■ **Exercise input**:
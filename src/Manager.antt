-- ===== src/Manager.antt =====
-- `Mysql_stream_manager` of mysql_stream_manager.h and .cc: the packets of a capture and of a replay
-- file, and the schedule. The host is little-endian, so that a field of a header that the code does
-- not pass through `ntohs` is its bytes with the least first.
pub mod Text
pub mod Sound
pub mod Capture
pub mod ReplayFile
pub mod Shutdown
pub mod Explain
use mysqlpcap.Base.{
  ℕ, zero, suc, ◌+◌, ◌-◌, ◌*◌, ◌/◌, ◌%◌, ◌^◌, Bool, true, false, not, ◌&&◌, ◌||◌, Option, none,
  some, List, [], ◌∷◌, ◌++◌, Bytes, length, take, drop, get_elem?, ltb, leb, ◌==◌, if◌then◌else◌,
}
use mysqlpcap.Base.Run.{Run, fault, throws, out_of_fuel, M, pure, assert, ◌>>=◌, ◌>>◌}
use mysqlpcap.Packet.{Packet, Ptr, Timeval}
use mysqlpcap.Sys.{Env, Stream, Sys, get, put}

-- `std::map<u_longlong, Mysql_stream*>`
unfoldable pub find_stream : ℕ → List (ℕ × Stream) → Option Stream
find_stream k [] = none
find_stream k ((j, s) ∷ m) = if j == k then some s else find_stream k m

unfoldable pub put_stream : ℕ → Stream → List (ℕ × Stream) → List (ℕ × Stream)
put_stream k s [] = (k, s) ∷ []
put_stream k s ((j, old) ∷ m) = if j == k then (k, s) ∷ m else (j, old) ∷ put_stream k s m

unfoldable pub erase_stream : ℕ → List (ℕ × Stream) → List (ℕ × Stream)
erase_stream k [] = []
erase_stream k ((j, s) ∷ m) = if j == k then m else (j, s) ∷ erase_stream k m

module _ {env : Env} where
  -- What a method has done to `*s` stands in the map too.
  unfoldable pub save : ℕ → Stream → M (Sys env) (Unit {0})
  unfolding put_stream
  save k s = do sys ← get; put (record sys { lookup = put_stream k s sys.lookup })

  unfoldable pub forget : ℕ → M (Sys env) (Unit {0})
  unfolding erase_stream
  forget k = do sys ← get; put (record sys { lookup = erase_stream k sys.lookup })

  -- `get_packet_ellapsed_us`, of which the result is a number of 64 bits
  unfoldable pub get_packet_ellapsed_us : Sys env → Packet → ℕ
  get_packet_ellapsed_us sys p = elim sys.first_packet_ts [
    | none ↦ 0
    | some t ↦
        (p.ts.tv_sec * 1000000 + p.ts.tv_usec + 2 ^ 64 - (t.tv_sec * 1000000 + t.tv_usec) % 2 ^ 64)
        % 2 ^ 64
  ]
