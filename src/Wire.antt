-- ===== src/Wire.antt =====
-- The integer codecs of common.h: `int2store`, `int4store`, `int8store` and the `uintNkorr` macros.
-- A buffer is a byte string; `A[i]` is its i-th byte. The macros join bytes that occupy disjoint
-- bits by `|`, which is the sum written here.
pub mod RoundTrip
use mysqlpcap.Base.{ℕ, ◌+◌, ◌*◌, ◌/◌, ◌%◌, ◌^◌, [], ◌∷◌, ◌++◌, Bytes, drop, get_or}

-- `(uchar) (x >> k)`, with the shift given as a power of two
abbrev pub byte_at : ℕ → ℕ → ℕ
byte_at x k = x / 2 ^ k % 256

-- `(uchar) (A)[i]`
abbrev pub at : Bytes → ℕ → ℕ
at bs i = get_or bs i 0 % 256

-- `uint def_temp = (uint) (A)` cuts the value to 32 bits first
unfoldable pub int2store : ℕ → Bytes
int2store a = let t = a % 2 ^ 32 in byte_at t 0 ∷ byte_at t 8 ∷ []

unfoldable pub int4store : ℕ → Bytes
int4store a = byte_at a 0 ∷ byte_at a 8 ∷ byte_at a 16 ∷ byte_at a 24 ∷ []

unfoldable pub int8store : ℕ → Bytes
unfolding int4store
int8store a = int4store (a % 2 ^ 32) ++ int4store (a / 2 ^ 32 % 2 ^ 32)

unfoldable pub uint2korr : Bytes → ℕ
uint2korr bs = (at bs 0 + at bs 1 * 2 ^ 8) % 2 ^ 16

-- `uint32` is `unsigned long` here, so that the sum is not cut
unfoldable pub uint3korr : Bytes → ℕ
uint3korr bs = at bs 0 + at bs 1 * 2 ^ 8 + at bs 2 * 2 ^ 16

unfoldable pub uint4korr : Bytes → ℕ
uint4korr bs = at bs 0 + at bs 1 * 2 ^ 8 + at bs 2 * 2 ^ 16 + at bs 3 * 2 ^ 24

unfoldable pub uint8korr : Bytes → ℕ
unfolding uint4korr
uint8korr bs = uint4korr bs + uint4korr (drop 4 bs) * 2 ^ 32
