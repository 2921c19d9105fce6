-- ===== src/Table/Bounds.antt =====
-- table.c: the slots that the probing loops touch lie in the array, whatever the array holds.
use memory_profiler.Base.{
  ℕ, zero, suc, ◌+◌, ◌%◌, ◌<◌, ◌≡◌, ◌⊎◌, inl, inr, refl, not, ◌&&◌, List, ◌==◌, if◌then◌else◌,
  arith, Bool-cases, size_max,
}
use native.Mathlib.Nat.{mod-lt}
use memory_profiler.Ruby.{Ruby}
use memory_profiler.Table.Layout.{Table, Entry, object_at, tombstone, hash_object, max_probe_length}
use memory_profiler.Table.Probing.{find_loop, find_entry, slot_or, insert_loop, find_insert_slot}
use memory_profiler.Table.Holds.{hash_object-lt}

module _ ⦃rb : Ruby⦄ where
  find_loop-lt :
      (entries : List Entry) (capacity object start probes index : ℕ)
      → index < capacity
      → (find_loop entries capacity object start probes index).0 < capacity
  unfolding find_loop
  find_loop-lt entries capacity object start zero index lt = lt
  find_loop-lt entries capacity object start (suc probes) index lt =
      let next = (index + 1) % capacity in
      let rest =
        find_loop-lt entries capacity object start probes next (mod-lt (index + 1) (omega arith)) in
      ground (arith, rest, mod-lt (index + 1) {m = capacity} (omega arith))

  -- A tombstone that was seen, or the mark that none was.
  abbrev IsSlot : ℕ → ℕ → Type 0
  IsSlot capacity first = (first ≡ size_max) ⊎ (first < capacity)

  slot_or-lt :
      (capacity first index : ℕ)
      → IsSlot capacity first
      → index < capacity
      → slot_or first index < capacity
  slot_or-lt capacity first index f lt = ground arith

  insert_loop-lt :
      (entries : List Entry) (capacity object start first probes index : ℕ)
      → IsSlot capacity first
      → index < capacity
      → (insert_loop entries capacity object start first probes index).0 < capacity
  unfolding insert_loop
  insert_loop-lt entries capacity object start first zero index f lt =
      slot_or-lt capacity first index f lt
  insert_loop-lt entries capacity object start first (suc probes) index f lt =
      let next = (index + 1) % capacity in
      let inside : next < capacity = mod-lt (index + 1) (omega arith) in
      let first' =
        if object_at entries index == tombstone && first == size_max then index else first in
      let f' : IsSlot capacity first' = ground arith in
      let rest = insert_loop-lt entries capacity object start first' probes next f' inside in
      elim (Bool-cases (object_at entries index == 0)) [
        | inl empty ↦ rw empty (slot_or-lt capacity first index f lt)
        | inr used ↦
            elim (Bool-cases
              (not (object_at entries index == tombstone) && object_at entries index == object)) [
                | inl found ↦ rw (used, found) lt
                | inr other ↦ elim (Bool-cases (next == start)) [
                  | inl round ↦ rw (used, other, round) (slot_or-lt capacity first' next f' inside)
                  | inr more ↦ rw (used, other, more) rest
                ]
              ]
      ]

  -- For a table with at least one slot, whatever its slots and counts hold and however many of them
  -- are in use: `find_entry` and `find_insert_slot` return an index within the array, also where they
  -- give up at the probe limit, so that the reads and writes through it stay in bounds.
  pub find-lt :
      (t : Table) (object : ℕ)
      → 0 < t.capacity
      → ((find_entry t.entries t.capacity object).0 < t.capacity)
        × ((find_insert_slot t object).0 < t.capacity)
  unfolding find_entry find_insert_slot
  find-lt t object pos =
      let h = hash_object object t.capacity in
      let lt = hash_object-lt object t.capacity pos in
      (
        find_loop-lt t.entries t.capacity object h max_probe_length h lt,
        insert_loop-lt t.entries t.capacity object h size_max max_probe_length h (inl refl) lt,
      )
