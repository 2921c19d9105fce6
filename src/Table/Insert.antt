-- ===== src/Table/Insert.antt =====
-- `insert`: the key that is stored, and the other keys.
use mathlib.Core.Option
use mathlib.Core.Path.{subst₂, ap₂}
use memory_profiler.Base.{
  ℕ, ◌+◌, ◌-◌, ◌%◌, ◌^◌, ◌<◌, ◌≡◌, sym, ap, ◌∙◌, Bool, true, Option, none, some, arith, length,
  subst, mul_size, dec_size, set, get_or, if◌then◌else◌, ◌==◌, Bool-cases, get_or-set_self, inl,
  inr,
}
use memory_profiler.Ruby.{Ruby}
use memory_profiler.Table.Layout.{
  Entry, Table, zeroed, object_at, tombstone, max_probe_length, entry_size,
}
use memory_profiler.Table.Probing.{find_insert_slot}
use memory_profiler.Table.Operations.{resize_table, insert_at, insert, overloaded, lookup}
use memory_profiler.Table.Slots.{occurrences_pos, scan, scan-set, scan-at, scan-none, index_unique}
use memory_profiler.Table.Holds.{IsLive, Holds, IsValid, store-Holds, keep-Holds}
use memory_profiler.Table.Room.{HasRoom, find_insert_slot_lem}
use memory_profiler.Table.Lookup.{lookup_cases}
use memory_profiler.Table.Resize.{RefusesOverflow, resize_table-Reads}

-- The entry that a new key starts with.
abbrev pub blank : ℕ → Entry
blank k = record { object = k; klass = 0; data_value = 0 }

abbrev pub absences : Option Entry → ℕ
absences none = 1
absences (some e) = 0

module _ ⦃rb : Ruby⦄ where
  -- `r` is a table and a pointer to the entry of `k` in it, where `f` was to be read before.
  pub record Inserts (f : ℕ → Option Entry) (count k : ℕ) (r : Table × ℕ) : Type 0 where
    pub valid : IsValid r.0
    pub bound : r.1 < r.0.capacity
    pub at : object_at r.0.entries r.1 ≡ k
    pub counted : r.0.count ≡ count + absences (f k)
    pub reads :
        (q : ℕ)
        → IsLive q
        → scan q r.0.entries ≡ (if q == k then some (Option.get_or (f k) (blank k)) else f q)

  insert_at-Inserts :
      {t : Table} (v : IsValid t) (k : ℕ)
      → IsLive k
      → HasRoom t.capacity t.count t.tombstones
      → Inserts (λ q. scan q t.entries) t.count k (insert_at t k (find_insert_slot t k))
  unfolding insert_at
  insert_at-Inserts {t} v k ok room =
      let i = (find_insert_slot t k).0 in
      elim (find_insert_slot_lem v room k ok) [
        | inl (found, lt, at) ↦
            let e : Entry = record (get_or t.entries i zeroed) { object = k } in
            let there = scan-at k t.entries i (v.once k ok) (omega (arith, v.width)) at in
            let h = keep-Holds v i lt e (subst IsLive (sym at) ok) (sym at) in
            rw found (record {
              valid = h;
              bound = lt;
              at =
                  ap (λ (x : Entry). x.object)
                    (get_or-set_self t.entries i e zeroed (omega (arith, v.width)));
              counted = ground (arith, there);
              reads = λ q ql.
                  scan-set q t.entries i e (omega (arith, v.width)) (v.once q ql) (h.once q ql)
                  ∙ ground (arith, there, at);
            })
        | inr (missed, slot) ↦
            let e : Entry = blank k in
            let inside : i < length t.entries = omega (arith, v.width, slot.bound) in
            let nothing = scan-none k t.entries slot.absent in
            let stored = store-Holds v i slot.bound e ok slot.absent slot.free slot.reached in
            let one_more : t.count + 1 ≡ (t.count + 1) % 2 ^ 64 =
              omega (arith, v.counted, v.fits, room.0) in
            let reused : (if object_at t.entries i == tombstone
                  then t.tombstones - 1
                  else t.tombstones)
                ≡ (if object_at t.entries i == tombstone
                    then dec_size t.tombstones
                    else t.tombstones) =
              ground (
                arith,
                occurrences_pos tombstone t.entries i inside,
                v.buried,
                v.counted,
                v.fits,
              ) in
            let h =
              subst₂ (λ a b. Holds t.capacity a b (set t.entries i e)) one_more reused stored in
            rw missed (record {
              valid = h;
              bound = slot.bound;
              at = ap (λ (x : Entry). x.object) (get_or-set_self t.entries i e zeroed inside);
              counted = ground (arith, nothing, one_more);
              reads = λ q ql.
                  scan-set q t.entries i e inside (v.once q ql) (h.once q ql)
                  ∙ ground (arith, nothing, slot.free, ql.0, ql.1);
            })
      ]

module _ ⦃rb : Ruby⦄ {t : Table} (v : IsValid t) (k : ℕ) (ok : IsLive k) (calloc : ℕ → ℕ → Bool)
    (refuses : RefusesOverflow calloc)
    (granted : overloaded t ≡ true → calloc (mul_size t.capacity 2) entry_size ≡ true)
    (few : t.count + t.tombstones < max_probe_length) where
  grown :
      calloc (mul_size t.capacity 2) entry_size ≡ true
      → Inserts
          (λ q. scan q t.entries)
          t.count
          k
          (let r = resize_table calloc t in insert_at r k (find_insert_slot r k))
  grown yields =
      let r = resize_table calloc t in
      let big = resize_table-Reads v calloc refuses yields (omega arith) in
      let valid : IsValid r =
        subst₂ (λ a b. Holds r.capacity a b r.entries) (sym big.count) (sym big.tombstones)
          big.holds in
      let room : HasRoom r.capacity r.count r.tombstones = (
        omega (arith, big.count, big.tombstones, big.capacity, v.counted, v.positive),
        omega (arith, big.count, big.tombstones),
      ) in
      let done = insert_at-Inserts valid k ok room in
      record {
        valid = done.valid;
        bound = done.bound;
        at = done.at;
        counted = done.counted ∙ ap₂ (λ a o. a + absences o) big.count (big.reads k ok);
        reads = λ q ql.
            done.reads q ql
            ∙ ap₂ (λ o p. if q == k then some (Option.get_or o (blank k)) else p) (big.reads k ok)
                (big.reads q ql);
      }

  -- On a well-formed table with fewer than 10000 slots in use, where `calloc` grants a resize that is
  -- needed: `insert` returns a pointer to the key's entry, which is blank if the key is new, adds one
  -- to the count in that case, changes no other lookup and keeps the table well formed.
  pub insert-Inserts : Inserts (λ q. scan q t.entries) t.count k (insert calloc t k)
  unfolding insert
  insert-Inserts = elim (Bool-cases (overloaded t)) [
    | inl full ↦ rw full (grown (granted full))
    | inr roomy ↦
        let space : t.count + t.tombstones < t.capacity =
          ground (arith, v.positive, v.counted, v.fits) in
        rw roomy (insert_at-Inserts v k ok (space, few))
  ]

  -- On a well-formed table with fewer than 10000 slots in use, where `calloc` grants a resize that
  -- is needed and refuses sizes that overflow: after the insertion of a live key, `lookup` finds
  -- the pointer that `insert` returned.
  pub lookup-insert : let r = insert calloc t k in lookup r.0 k ≡ some r.1
  lookup-insert =
      let r = insert calloc t k in
      let done = insert-Inserts in
      elim (lookup_cases done.valid k ok) [
        | inl (i, e, lt, at, _) ↦
            e
            ∙ ap some (
                index_unique k r.0.entries i r.1 (done.valid.once k ok)
                  (omega (arith, done.valid.width)) (omega (arith, done.valid.width, done.bound)) at
                  done.at)
        | inr (_, _, absent) ↦ absurd (
            omega (
              arith,
              occurrences_pos k r.0.entries r.1 (omega (arith, done.valid.width, done.bound))
                  done.at,
            ))
      ]
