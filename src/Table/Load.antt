-- ===== src/Table/Load.antt =====
-- table.c: how far an insertion fills the array, and how large the array becomes.
use memory_profiler.Base.{
  ℕ, ◌+◌, ◌*◌, ◌≤◌, ◌<◌, ◌≡◌, ◌⊎◌, refl, inl, inr, Bool, true, false, Option, none, some, arith,
  Bool-cases, mul_size, sym,
}
use memory_profiler.Ruby.{Ruby}
use memory_profiler.Table.Layout.{Table, Entry, tombstone, max_probe_length, entry_size}
use memory_profiler.Table.Probing.{find_insert_slot}
use memory_profiler.Table.Operations.{resize_table, insert_at, insert, overloaded}
use memory_profiler.Table.Slots.{occurrences_pos, scan}
use memory_profiler.Table.Holds.{IsLive, Holds, IsValid}
use memory_profiler.Table.Bounds.{find-lt}
use memory_profiler.Table.Resize.{RefusesOverflow, resize_table-Reads}
use memory_profiler.Table.Insert.{absences, insert-Inserts}
use mathlib.Core.Path.{subst₂}

pub absences-le : (o : Option Entry) → absences o ≤ 1
absences-le none = omega arith
absences-le (some e) = omega arith

module _ ⦃rb : Ruby⦄ where
  insert_at-tombstones :
      {t : Table} (v : IsValid t) (k i : ℕ) (found : Bool)
      → i < t.capacity
      → ((insert_at t k (i, found)).0.tombstones ≤ t.tombstones)
        × ((insert_at t k (i, found)).0.capacity ≡ t.capacity)
  unfolding insert_at
  insert_at-tombstones v k i true lt = (omega arith, refl)
  insert_at-tombstones {t} v k i false lt = (
    ground (arith, occurrences_pos tombstone t.entries i, v.buried, v.width, v.counted, v.fits),
    refl,
  )

  module _ {t : Table} (v : IsValid t) (k : ℕ) (ok : IsLive k) (calloc : ℕ → ℕ → Bool)
      (refuses : RefusesOverflow calloc)
      (granted : overloaded t ≡ true → calloc (mul_size t.capacity 2) entry_size ≡ true)
      (few : t.count + t.tombstones < max_probe_length) where
    -- What an insertion leaves: at most one slot more than half of them in use, at most one more in
    -- use than before, and an array no larger than it was or than four times the slots in use.
    pub record Loads (r : Table) : Type 0 where
      pub half : 2 * (r.count + r.tombstones) ≤ r.capacity + 2
      pub one_more : r.count + r.tombstones ≤ t.count + t.tombstones + 1
      pub tight : (r.capacity ≡ t.capacity) ⊎ (r.capacity < 4 * (t.count + t.tombstones))

    roomy-Loads :
        overloaded t ≡ false
        → (let (r, i) = insert_at t k (find_insert_slot t k) in r.count ≤ t.count + 1)
        → Loads (insert_at t k (find_insert_slot t k)).0
    roomy-Loads roomy counted =
        let (i, found) = find_insert_slot t k in
        let (dead, same) = insert_at-tombstones v k i found (find-lt t k v.positive).1 in
        record {
          half = ground (arith, v.counted, v.fits);
          one_more = omega arith;
          tight = inl same;
        }

    grown-Loads :
        overloaded t ≡ true
        → (let r = resize_table calloc t in
            (insert_at r k (find_insert_slot r k)).0.count ≤ t.count + 1)
        → Loads (let r = resize_table calloc t in insert_at r k (find_insert_slot r k)).0
    grown-Loads full counted =
        let r = resize_table calloc t in
        let big = resize_table-Reads v calloc refuses (granted full) (omega arith) in
        let valid : IsValid r =
          subst₂ (λ a b. Holds r.capacity a b r.entries) (sym big.count) (sym big.tombstones)
            big.holds in
        let (i, found) = find_insert_slot r k in
        let (dead, same) = insert_at-tombstones valid k i found (find-lt r k valid.positive).1 in
        let none_dead : r.tombstones ≡ 0 = big.tombstones in
        let double : r.capacity ≡ t.capacity * 2 = big.capacity in
        let crowded : t.capacity < 2 * (t.count + t.tombstones) =
          ground (arith, v.counted, v.fits) in
        record {
          half = omega (arith, v.counted, v.positive);
          one_more = omega arith;
          tight = inr (omega arith);
        }

    -- On a well-formed table with fewer than 10000 slots in use, where `calloc` grants a resize that is
    -- needed and refuses sizes that overflow: after an `insert`, keys and tombstones fill at most half
    -- of the array and one slot, they are at most one more than before, and the array is as large as
    -- before or less than four times as large as the slots that were in use.
    pub insert-Loads : Loads (insert calloc t k).0
    unfolding insert
    insert-Loads =
        let done = insert-Inserts v k ok calloc refuses granted few in
        let counted : (insert calloc t k).0.count ≤ t.count + 1 =
          omega (arith, done.counted, absences-le (scan k t.entries)) in
        elim (Bool-cases (overloaded t)) [
          | inl full ↦ rw full (grown-Loads full (rw full at counted))
          | inr roomy ↦ rw roomy (roomy-Loads roomy (rw roomy at counted))
        ]
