-- ===== src/Capture/Stores.antt =====
-- capture.c: a table in which the entry that `insert` returned has been filled.
use memory_profiler.Base.{
  ℕ, ◌+◌, ◌≤◌, ◌≡◌, refl, sym, ap, ◌∙◌, some, ◌==◌, if◌then◌else◌, arith, get_or, subst,
}
use memory_profiler.Ruby.{Ruby}
use memory_profiler.Table.Layout.{Table, Entry, zeroed}
use memory_profiler.Table.Slots.{scan, scan-set}
use memory_profiler.Table.Holds.{IsLive, IsValid, keep-Holds}
use memory_profiler.Table.Insert.{Inserts, absences}
use memory_profiler.Capture.Process.{fill}

-- The table `t'` is `t` with the entry `e` for its key.
pub record Stores ⦃rb : Ruby⦄ (t : Table) (e : Entry) (t' : Table) : Type 0 where
  pub valid : IsValid t'
  pub counted : t'.count ≡ t.count + absences (scan e.object t.entries)
  pub used : t'.count + t'.tombstones ≤ t.count + t.tombstones + 1
  pub reads :
      (q : ℕ) → IsLive q → scan q t'.entries ≡ (if q == e.object then some e else scan q t.entries)

-- Filling the entry that `insert` gave stores the class and the data for the object.
pub fill-Stores :
    ⦃rb : Ruby⦄ (t : Table) (object klass data_value : ℕ) (r : Table × ℕ)
    → IsLive object
    → Inserts (λ q. scan q t.entries) t.count object r
    → r.0.count + r.0.tombstones ≤ t.count + t.tombstones + 1
    → Stores t
        (record { object = object; klass = klass; data_value = data_value })
        (fill r.0 r.1 klass data_value)
fill-Stores t object klass data_value (u, i) ok d used =
    let e : Entry = record (get_or u.entries i zeroed) { klass = klass; data_value = data_value } in
    let h = keep-Holds d.valid i d.bound e (subst IsLive (sym d.at) ok) refl in
    let same : e ≡ record { object = object; klass = klass; data_value = data_value } =
      ap (λ k. record { object = k; klass = klass; data_value = data_value }) d.at in
    record {
      valid = h;
      counted = d.counted;
      used = used;
      reads = λ q ql.
          scan-set q u.entries i e (omega (arith, d.valid.width, d.bound)) (d.valid.once q ql)
            (h.once q ql)
          ∙ ground (arith, same, d.at, d.reads q ql);
    }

■ **The problem**:
Wherever the string "List" occurs in the data, copy the line that holds it.

■ **Solution below**:
  some, List, [], ◌∷◌, ◌++◌, Bytes, length, take, drop, get_elem?, ltb, leb, ◌==◌, if◌then◌else◌,
unfoldable pub find_stream : ℕ → List (ℕ × Stream) → Option Stream
unfoldable pub put_stream : ℕ → Stream → List (ℕ × Stream) → List (ℕ × Stream)
unfoldable pub erase_stream : ℕ → List (ℕ × Stream) → List (ℕ × Stream)
  ℕ, zero, suc, ◌+◌, ◌%◌, ◌<◌, ◌≡◌, ◌⊎◌, inl, inr, refl, not, ◌&&◌, List, ◌==◌, if◌then◌else◌,
      (entries : List Entry) (capacity object start probes index : ℕ)
      (entries : List Entry) (capacity object start first probes index : ℕ)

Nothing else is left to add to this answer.